From what I understand there are a couple interpretations here. One sees the 120 years in relation to the coming Flood, another sees it as referring to the length of human life. If there are any other angles, let me know.

Regarding the latter: First, we know Abraham lived 175 years. Then there are also claims of people in recent times who have done so. However it is very interesting that even Wikipedia only lists one person [dead at 122] as ever having been verified living longer. And of course that should be taken with a massive grain of salt. But that list may very well grow soon though as there are now claims of a 130 year old lady still alive in the Soviet Republic of Georgia.

Georgian TV Locates 130-Year-Old Woman - Video - WSB Atlanta

What do you think?...


----------



## PuritanCovenanter (Mar 10, 2010)

John Calvin.... Very interesting question Mike. 

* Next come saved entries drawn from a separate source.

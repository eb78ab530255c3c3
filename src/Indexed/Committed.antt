-- ===== src/Indexed/Committed.antt =====
-- What the buys of the store of app/oms/indexed.py commit, counted from the orders, and the budget
-- that an approval keeps with them.
use trade_bot.Prelude.{
  Bool, true, false, not, ◌&&◌, Option, none, some, List, [], ◌∷◌, String, str_eq, if◌then◌else◌,
  ◌≡◌, refl, arith,
}
use trade_bot.Prelude.Decimal.{Decimal, dec_zero, dec_lt, add, sub, mul}
use trade_bot.Prelude.Action.{ok}
use trade_bot.Domain.{is_buy}
use trade_bot.Oms.State.{OrderState, created, filled, cancelled, rejected, contains_state}
use trade_bot.Oms.Tables.{OrderRow}
use trade_bot.Risk.Reservation.{
  RiskReservationBudget, RiskReservationEvaluation, evaluate_buy_reservation, sum_from, of_symbol,
  beyond_cash,
}
use trade_bot.Risk.Capacity.{FitsBudget, evaluate_inv}
use trade_bot.Indexed.Reserve.{risk_reserving_states, active_buys}

-- The order may still be filled: it is neither new nor settled.
abbrev pub may_fill : OrderState → Bool
may_fill created = false
may_fill filled = false
may_fill cancelled = false
may_fill rejected = false
may_fill _ = true

-- What is still to be paid for the buys of the store that may be filled, on top of a total.
abbrev pub committed : Decimal → List OrderRow → Decimal
committed total [] = total
committed total (r ∷ rs) =
    if is_buy r.side && may_fill r.state
    then committed (add total (mul (sub r.quantity r.filled_quantity) r.limit_price)) rs
    else committed total rs

-- The same of one symbol.
abbrev pub committed_to : String → Decimal → List OrderRow → Decimal
committed_to symbol total [] = total
committed_to symbol total (r ∷ rs) =
    if is_buy r.side && may_fill r.state && str_eq r.symbol symbol
    then committed_to symbol (add total (mul (sub r.quantity r.filled_quantity) r.limit_price)) rs
    else committed_to symbol total rs

contains_state-may_fill : (s : OrderState) → contains_state s risk_reserving_states ≡ may_fill s
contains_state-may_fill s = ground arith

sum_from-active_buys :
    (total : Decimal) (rows : List OrderRow)
    → sum_from total (active_buys rows) ≡ committed total rows
unfolding sum_from active_buys
sum_from-active_buys total [] = refl
sum_from-active_buys total (r ∷ rs) =
    let more = add total (mul (sub r.quantity r.filled_quantity) r.limit_price) in
    ground (
      arith,
      contains_state-may_fill r.state,
      sum_from-active_buys total rs,
      sum_from-active_buys more rs,
    )

sum_from-of_symbol :
    (symbol : String) (total : Decimal) (rows : List OrderRow)
    → sum_from total (of_symbol symbol (active_buys rows)) ≡ committed_to symbol total rows
unfolding sum_from active_buys
sum_from-of_symbol symbol total [] = refl
sum_from-of_symbol symbol total (r ∷ rs) =
    let more = add total (mul (sub r.quantity r.filled_quantity) r.limit_price) in
    ground (
      arith,
      contains_state-may_fill r.state,
      sum_from-of_symbol symbol total rs,
      sum_from-of_symbol symbol more rs,
    )

-- The amount is within the cash, where a cash is given.
abbrev pub affords : Option Decimal → Decimal → Bool
affords none amount = true
affords (some cash) amount = not (dec_lt cash amount)

-- A buy of the symbol at this cost keeps the budget, with all that the rows commit.
abbrev pub FitsRows : RiskReservationBudget → String → Decimal → List OrderRow → Type 0
FitsRows b symbol cost rows =
    (affords b.available_cash (add (committed dec_zero rows) cost) ≡ true)
    × (dec_lt b.maximum_symbol_notional
          (add (add b.current_symbol_notional (committed_to symbol dec_zero rows)) cost)
        ≡ false)
    × (dec_lt b.maximum_gross_notional
          (add (add b.current_gross_notional (committed dec_zero rows)) cost)
        ≡ false)

affords-beyond_cash :
    (cash : Option Decimal) (amount : Decimal)
    → beyond_cash cash amount ≡ false
    → affords cash amount ≡ true
affords-beyond_cash none amount h = refl
affords-beyond_cash (some cash) amount h = ground arith

pub evaluated-FitsRows :
    (symbol : String) (cost : Decimal) (b : RiskReservationBudget) (rows : List OrderRow)
    (e : RiskReservationEvaluation)
    → evaluate_buy_reservation symbol cost b (active_buys rows) ≡ ok e
    → FitsBudget b e
    → FitsRows b symbol cost rows
evaluated-FitsRows symbol cost b rows e done fits =
    let (cash, of_one, of_all) =
      rw (← evaluate_inv symbol cost b (active_buys rows) e done) at fits in
    rw (← sum_from-active_buys dec_zero rows, ← sum_from-of_symbol symbol dec_zero rows)
      (
        affords-beyond_cash b.available_cash (add (sum_from dec_zero (active_buys rows)) cost) cash,
        of_one,
        of_all,
      )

> Yet his days shall be one hundred and twenty years. Certain writers of antiquity, such as Lactantius, and others, have too grossly blundered in thinking that the term of human life was limited within this space of time; whereas, it is evident, that the language used in this place refers not to the private life of any one, but to a time of repentance to be granted to the whole world. Moreover, here also the admirable benignity of God is apparent, in that he, though wearied with the wickedness of men, yet postpones the execution of extreme vengeance for more than a century. But here arises an apparent discrepancy. For Noah departed this life when he had completed nine hundred and fifty years. It is however said that he lived from the time of the deluge three hundred and fifty years. Therefore, on the day he entered the ark he was six hundred years old. Where then will the twenty years be found? The Jews answer, that these years were cut off in consequence of the increasing wickedness of men. But there is no need of that subterfuge; when the Scripture speaks of the five hundredth year of his age, it does not affirm, that he had actually reached that point. And this mode of speaking, which takes into account the beginning of a period, as well as its end, is very common. Therefore, inasmuch as the greater part of the fifth century of his life was passed, so that he was nearly five hundred years old, he is said to have been of that age. (263)



John Gill



> yet his days shall be an hundred and twenty years: meaning not the term of man's life, reduced to this from the length of time he lived before the flood; but this designs the space that God would give for repentance, before he proceeded to execute his vengeance on him; this is that "longsuffering of God" the apostle speaks of in the afore mentioned place, "that waited in the days of Noah, while the ark was preparing"; and so both the Targums of Onkelos and Jonathan interpret it of a space of an hundred and twenty years given them to repent: now whereas it was but an hundred years from the birth of Japheth to the flood, some think the space was shortened twenty years, because of their impenitence; but it is more probable what Jarchi observes, that this decree was made and given out twenty years before his birth, though here related, by a figure called "hysteron proteron", frequent in the Scriptures.


----------



## PuritanCovenanter (Mar 10, 2010)

Matthew Poole


> Gen 6:3
> 
> The Lord said; either,
> 
> ...


----------



## Michael (Mar 10, 2010)

Michael Turner said:


> Georgian TV Locates 130-Year-Old Woman - Video - WSB Atlanta


BTW, at the end of the video she knocks back a shot of vodka.


----------



## PuritanCovenanter (Mar 10, 2010)

Michael Turner said:


> Michael Turner said:
> 
> 
> > Georgian TV Locates 130-Year-Old Woman - Video - WSB Atlanta
> ...



That is my drink... But I add sweet tea to it. She has a tougher palate than I do.


----------



## Michael (Mar 10, 2010)

PuritanCovenanter said:


> That is my drink... But I add sweet tea to it. She has a tougher palate than I do.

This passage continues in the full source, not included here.